Hello, folks. I can't figure out how to reduce the size of the pic. that I transferred form my camera (Panasonic, Lumix) to the comp. then reduce it to a size that IAP would let me to upload it. I don't think I have any program on the comp that would allow reduction w/o distortion. 
How do you guys transfer your pics. then to the IAP?
thanks for any help. that's why I could never put on a new pic. of anything.


----------



## phillywood (Sep 22, 2010)

I really need this help ASAP so i can put other pic.s of the other things that I ahve Qsn.s about. 
Thanks a lot.


----------



## Simplex (Sep 22, 2010)

What operating system does your computer use?


----------



## phillywood (Sep 22, 2010)

Simplex said:


> What operating system does your computer use?


I have Windows XP


----------



## rej19 (Sep 22, 2010)

If you don't have any photo software that came with your camera I would suggest Picasa. It is free, simple and has a lot of functions. Here is a link that explains how to resize in Picasa.
http://www.ehow.com/how_4570888_reduce-photo-file-size.html


----------



## mainiac (Sep 22, 2010)

Another one is Irfanview.
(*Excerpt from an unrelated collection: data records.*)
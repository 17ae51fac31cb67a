-- ===== src/Server/Setup.antt =====
-- The routes that `HttpServer::setup` adds (src/server.cpp), and which of them answers a request.
use priority_http_server.Prelude.{
  ◌+◌, ◌≡◌, ◌≢◌, refl, ap, ◌∙◌, ◌&&◌, [], ◌∷◌, ◌++◌, none, some, arith, if◌then◌else◌, Mem, length,
  length-append, Bool_ext,
}
use mathlib.Core.List.{mem-cons_self, mem-cons_of_mem, Nodup, Nodup-nil}
use priority_http_server.Router.Order.{keys, add_route-Nodup, route_handler-eq-find_prefix_handler}
use priority_http_server.Prelude.Text.{Text, codes, text_eq, text_eq_iff, starts_with}
use priority_http_server.Http.{Http, Request}
use priority_http_server.Router.{
  RouterTable, add_route, make_key, find_prefix_handler, route_handler, prefix_loop, prefix_round,
  assign,
}

-- A text with no blank before a blank is found at the beginning of another such text exactly where
-- the two are the same and the rest is found at the beginning of the rest.
starts_with-append_space :
    (a b p t : Text)
    → ¬ Mem b' ' a
    → ¬ Mem b' ' b
    → starts_with (a ++ b' ' ∷ p) (b ++ b' ' ∷ t) ≡ (text_eq a b && starts_with p t)
unfolding starts_with text_eq
starts_with-append_space [] [] p t m n = refl
starts_with-append_space [] (y ∷ b) p t m n =
    let other : y ≢ b' ' = λ e. n (rw e mem-cons_self) in ground (arith, other)
starts_with-append_space (x ∷ a) [] p t m n =
    let other : x ≢ b' ' = λ e. m (rw e mem-cons_self) in ground (arith, other)
starts_with-append_space (x ∷ a) (y ∷ b) p t m n = ground (
  arith,
  starts_with-append_space a b p t (λ q. m (mem-cons_of_mem x q)) (λ q. n (mem-cons_of_mem y q)),
)

module _ (http : Http) where
  same_verb : (m n : http.Verb) → text_eq (http.verb_name m) (http.verb_name n) ≡ http.verb_eq m n
  same_verb m n =
      Bool_ext _ _
        (λ e. (http.verb_eq_iff m n).1 (http.verb_name_injective m n ((text_eq_iff _ _).0 e)))
        (λ e. (text_eq_iff _ _).1 (ap http.verb_name ((http.verb_eq_iff m n).0 e)))

  -- A route matches exactly the requests with its verb whose target begins with its path.
  starts_with-make_key :
      (m n : http.Verb) (p t : Text)
      → starts_with (make_key http m p) (make_key http n t) ≡ (http.verb_eq m n && starts_with p t)
  unfolding make_key
  starts_with-make_key m n p t =
      starts_with-append_space (http.verb_name m) (http.verb_name n) p t (http.verb_name_no_space m)
        (http.verb_name_no_space n)
      ∙ ap (λ b. b && starts_with p t) (same_verb m n)

  module _ {ℓ} {H : Type ℓ} (status static_get static_head : H) where
    -- The calls of `addRoute` in `setup`.
    unfoldable pub setup_routes : RouterTable H
    setup_routes = add_route http http.head (codes "/static/") static_head (
        add_route http http.get (codes "/static/") static_get
          (add_route http http.get (codes "/status") status []))

  module _ {H : Type 0} (status static_get static_head : H) where
    setup_routes_keys :
        setup_routes status static_get static_head
        ≡ (make_key http http.get (codes "/status"), status)
          ∷ (make_key http http.get (codes "/static/"), static_get)
          ∷ (make_key http http.head (codes "/static/"), static_head)
          ∷ []
    unfolding setup_routes add_route assign make_key text_eq
    setup_routes_keys = rw (http.verb_name-get, http.verb_name-head) refl

    setup_routes-Nodup : Nodup (keys (setup_routes status static_get static_head))
    unfolding setup_routes
    setup_routes-Nodup = add_route-Nodup http http.head (codes "/static/") static_head _ (
        add_route-Nodup http http.get (codes "/static/") static_get _
          (add_route-Nodup http http.get (codes "/status") status [] Nodup-nil))

    key_length :
        (m : http.Verb) (name p : Text)
        → http.verb_name m ≡ name
        → length (make_key http m p) ≡ length name + 1 + length p
    unfolding make_key
    key_length m name p e = rw (e, length-append) (omega arith)

    -- Of three keys of growing length, the last that matches is taken.
    longest_of_three :
        (full a b c : Text)
        → length a ≡ 11
        → length b ≡ 12
        → length c ≡ 13
        → (prefix_loop full
            ((a, status) ∷ (b, static_get) ∷ (c, static_head) ∷ [])
            (record { best = none; best_length = 0 })).best
          ≡ (if starts_with c full
              then some static_head
              else if starts_with b full
              then some static_get
              else if starts_with a full
              then some status
              else none)
    unfolding prefix_loop prefix_round
    longest_of_three full a b c la lb lc = ground (arith, la, lb, lc)

    -- Every request that the router answers goes to one of three handlers: by HEAD or GET to that of
    -- the static files, if its target begins with `/static/`; by GET to that of the status, if its
    -- target begins with `/status`, whatever follows. There is no other.
    pub setup_routes_lem :
        (req : Request http)
        → route_handler http req (setup_routes status static_get static_head) ≡ (
            if http.verb_eq http.head req.method && starts_with (codes "/static/") req.target
            then some static_head
            else if http.verb_eq http.get req.method && starts_with (codes "/static/") req.target
            then some static_get
            else if http.verb_eq http.get req.method && starts_with (codes "/status") req.target
            then some status
            else none)
    unfolding find_prefix_handler
    setup_routes_lem req =
        route_handler-eq-find_prefix_handler http req (setup_routes status static_get static_head)
          setup_routes-Nodup
        ∙ ap (find_prefix_handler http req.method req.target) setup_routes_keys
        ∙ longest_of_three (make_key http req.method req.target) _ _ _
            (key_length http.get (codes "GET") (codes "/status") http.verb_name-get)
            (key_length http.get (codes "GET") (codes "/static/") http.verb_name-get)
            (key_length http.head (codes "HEAD") (codes "/static/") http.verb_name-head)
        ∙ rw
            (
              starts_with-make_key http.head req.method (codes "/static/") req.target,
              starts_with-make_key http.get req.method (codes "/static/") req.target,
              starts_with-make_key http.get req.method (codes "/status") req.target,
            )
            refl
It allows one to convert their pictures to Internet size.
Search for Irfanview and it's free.

I'll be an San Antonio next week for a meeting. Hope you have nice weather.

Dick


----------



## ldb2000 (Sep 22, 2010)

+1` for Irfanview . It's one of the most powerful free image editing programs available . The guy who wrote  it keeps it updated regularly . It opens almost every image file ever created and most editing is one or two clicks . get it free here www.irfanview.com


----------



## Simplex (Sep 22, 2010)

phillywood said:


> Simplex said:
> 
> 
> > What operating system does your computer use?
> ...



If you have Microsoft Picture Manager installed you can compress the pictures by clicking "Edit Pictures" then click "Compress Pictures", then select "Web Pages" under "Compress For:".  This is the path I take when I post to IAP.  If you don't have Picture Manager, I would use Irfanview; it works well and will get you what you need.


----------



## phillywood (Sep 22, 2010)

thank you so much guys. I knew you folks wouldn't let me drawn and loose more hair than I already have. I am going to try all your suggestions and come up with a better picture for your comments.


----------



## el_d (Sep 22, 2010)

For a Quick resize try opening the pic in paint to resize it(pull down - Image- stretch/skew) and adjust the height and width Both to 40% or so.


----------



## phillywood (Sep 22, 2010)

Downloaded Irfanview, and changed the look of the pic. thanks everyone.


----------